一方,相手のジャン=ピエール・ダルッサン(サン・ジャックへの道」、「キリマンジェロの雪」、「画家と庭師とカンパーニュ」、「ルアーブルの靴磨き」)は、顔つきがそもそも喜劇役者!だから、いるだけでおかしいのだ。こういう味を出せる俳優は貴重な存在。

娘も息子も巣立ち、夫婦二人だけで、田舎で食用牛を育てながらゆったりとした生活なのだが、やはり単調だけに、ふとしたことで、特に女房の心に寂しさのようなものが芽生える。ふとしたことというのが、隣の家で若いパリジャンたちのダンス・パーティーに誘われ、知り合った若いパリジャンにほのかな恋心。最近胸に出来た湿疹治療ということにして、ここから舞台はパリに移る。
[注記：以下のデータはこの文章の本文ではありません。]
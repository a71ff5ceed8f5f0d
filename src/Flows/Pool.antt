-- ===== src/Flows/Pool.antt =====
-- src/flows/utils/ConcurrencyPool.ts. What the workers do between two `await`s is one step, and the
-- mapper's calls end in any order.
pub mod Indices
pub mod Results
pub mod Ends
use nodestack.Prelude.{
  ℕ, zero, suc, ◌+◌, max, min, Bool, true, false, List, [], ◌∷◌, ◌++◌, Option, none, some, ◌==◌,
  ltb, any, length, if◌then◌else◌,
}

-- `items[index]`
abbrev pub get_elem? {ℓ} : {A : Type ℓ} → List A → ℕ → Option A
get_elem? [] i = none
get_elem? (x ∷ xs) zero = some x
get_elem? (x ∷ xs) (suc i) = get_elem? xs i

-- The shared variables of the workers. `running` are the indices whose mapper call is under way, and
-- `rejected` says that one has been rejected, so that `Promise.all` will be.
pub record Pool {ℓ} (R : Type ℓ) : Type ℓ where
  pub next_index : ℕ
  pub running : List ℕ
  pub results : ℕ → Option R
  pub rejected : Bool

-- `results[index] = …`
abbrev pub store {ℓ} : {R : Type ℓ} → ℕ → R → (ℕ → Option R) → ℕ → Option R
store i r results j = if j == i then some r else results j

-- The indices from one on.
unfoldable pub indices : ℕ → ℕ → List ℕ
indices k zero = []
indices k (suc n) = k ∷ indices (suc k) n

-- The call is under way.
unfoldable pub is_running : ℕ → List ℕ → Bool
is_running i = any (λ j. j == i)

unfoldable pub end_call : ℕ → List ℕ → List ℕ
end_call i [] = []
end_call i (j ∷ js) = let rest = end_call i js in if j == i then js else j ∷ rest

-- A mapper call ends.
pub data Ending : Type 0 where
  resolves rejects : ℕ → Ending

module _ {ℓ κ} {T : Type ℓ} {R : Type κ} (items : List T) (mapper : T → ℕ → R) where
  -- Each of the workers has begun its first call.
  unfoldable pub start_pool : ℕ → Pool R
  start_pool concurrency =
      let worker_count = min (max 1 concurrency) (length items) in
      record {
        next_index = worker_count;
        running = indices 0 worker_count;
        results = λ _. none;
        rejected = false;
      }

  -- The worker takes the next index, if there is one.
  unfoldable pub take_next : Pool R → Pool R
  take_next p =
      if ltb p.next_index (length items)
      then record p { next_index = p.next_index + 1; running = p.running ++ p.next_index ∷ [] }
      else p

  -- The results with that of the mapper for the item of an index.
  unfoldable pub results_with : ℕ → (ℕ → Option R) → ℕ → Option R
  results_with i results = elim (get_elem? items i) [
    | none ↦ results
    | some x ↦ store i (mapper x i) results
  ]

  unfoldable pub pool_step : Ending → Pool R → Pool R
  pool_step (resolves i) p =
      if is_running i p.running
      then take_next
          (record p { running = end_call i p.running; results = results_with i p.results })
      else p
  pool_step (rejects i) p =
      if is_running i p.running
      then record p { running = end_call i p.running; rejected = true }
      else p

  unfoldable pub pool_run : List Ending → Pool R → Pool R
  pool_run [] p = p
  pool_run (e ∷ es) p = pool_run es (pool_step e p)
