-- ===== src/Flows/Pool/Indices.antt =====
-- The indices of the calls that are under way.
use nodestack.Prelude.{
  ℕ, zero, suc, ◌+◌, ◌≤◌, ◌<◌, ◌≡◌, refl, inl, inr, true, false, List, [], ◌∷◌, ◌++◌, some, ◌==◌,
  ◌||◌, length, arith, Bool-cases,
}
use nodestack.Flows.Pool.{get_elem?, indices, is_running, end_call}

pub get_elem?-lt {ℓ} :
    {A : Type ℓ} (xs : List A) (i : ℕ) {x : A} → get_elem? xs i ≡ some x → i < length xs
get_elem?-lt [] i e = absurd (cc e)
get_elem?-lt (y ∷ ys) zero e = omega arith
get_elem?-lt (y ∷ ys) (suc i) e = omega (arith, get_elem?-lt ys i e)

pub is_running-append :
    (i j : ℕ) (js : List ℕ) → is_running i (js ++ j ∷ []) ≡ (is_running i js || j == i)
unfolding is_running
is_running-append i j [] = ground arith
is_running-append i j (k ∷ ks) = rw (is_running-append i j ks) (ground arith)

pub is_running-none : (i : ℕ) → is_running i [] ≡ false
unfolding is_running
is_running-none i = refl

pub length_none : (js : List ℕ) → js ≡ [] → length js ≡ 0
length_none js e = rw e refl

pub is_running-end_call :
    (i j : ℕ) (js : List ℕ)
    → (i == j) ≡ false
    → is_running i js ≡ true
    → is_running i (end_call j js) ≡ true
unfolding is_running end_call
is_running-end_call i j [] d h = h
is_running-end_call i j (k ∷ ks) d h = elim (Bool-cases (is_running i ks)) [
  | inl m ↦ (let rest = is_running-end_call i j ks d m in ground (arith, rest, h, d, m))
  | inr m ↦ ground (arith, h, d, m)
]

pub length-end_call :
    (i : ℕ) (js : List ℕ) → is_running i js ≡ true → length (end_call i js) + 1 ≡ length js
unfolding is_running end_call
length-end_call i [] h = absurd (cc h)
length-end_call i (k ∷ ks) h = elim (Bool-cases (is_running i ks)) [
  | inl m ↦ (let rest = length-end_call i ks m in ground (arith, rest))
  | inr m ↦ ground (arith, h, m)
]

pub is_running-indices : (i k n : ℕ) → k ≤ i → i < k + n → is_running i (indices k n) ≡ true
unfolding is_running indices
is_running-indices i k zero l u = absurd (omega (arith, l, u))
is_running-indices i k (suc n) l u = elim (Bool-cases (k == i)) [
  | inl e ↦ rw e refl
  | inr d ↦
      (let rest = is_running-indices i (suc k) n (ground (arith, d, l)) (omega (arith, u)) in
        ground (arith, rest))
]

pub length-indices : (k n : ℕ) → length (indices k n) ≡ n
unfolding indices
length-indices k zero = refl
length-indices k (suc n) = omega (arith, length-indices (suc k) n)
心配のあまり、女房を追ってパリへ車で密かに駆けつける亭主が見たものとは。ショックも失意もあったけど、逆に軽業師を目指す一人息子が、予想外に素晴らしい演技を習得している現場を見て、心なごませる場面がよかった!

傷心の思いで自宅に戻った亭主を使用人が慰める場面も素晴らしい。「奥さんだって、あなたが浮気した時、同じように実は後をつけたんですよ!」と。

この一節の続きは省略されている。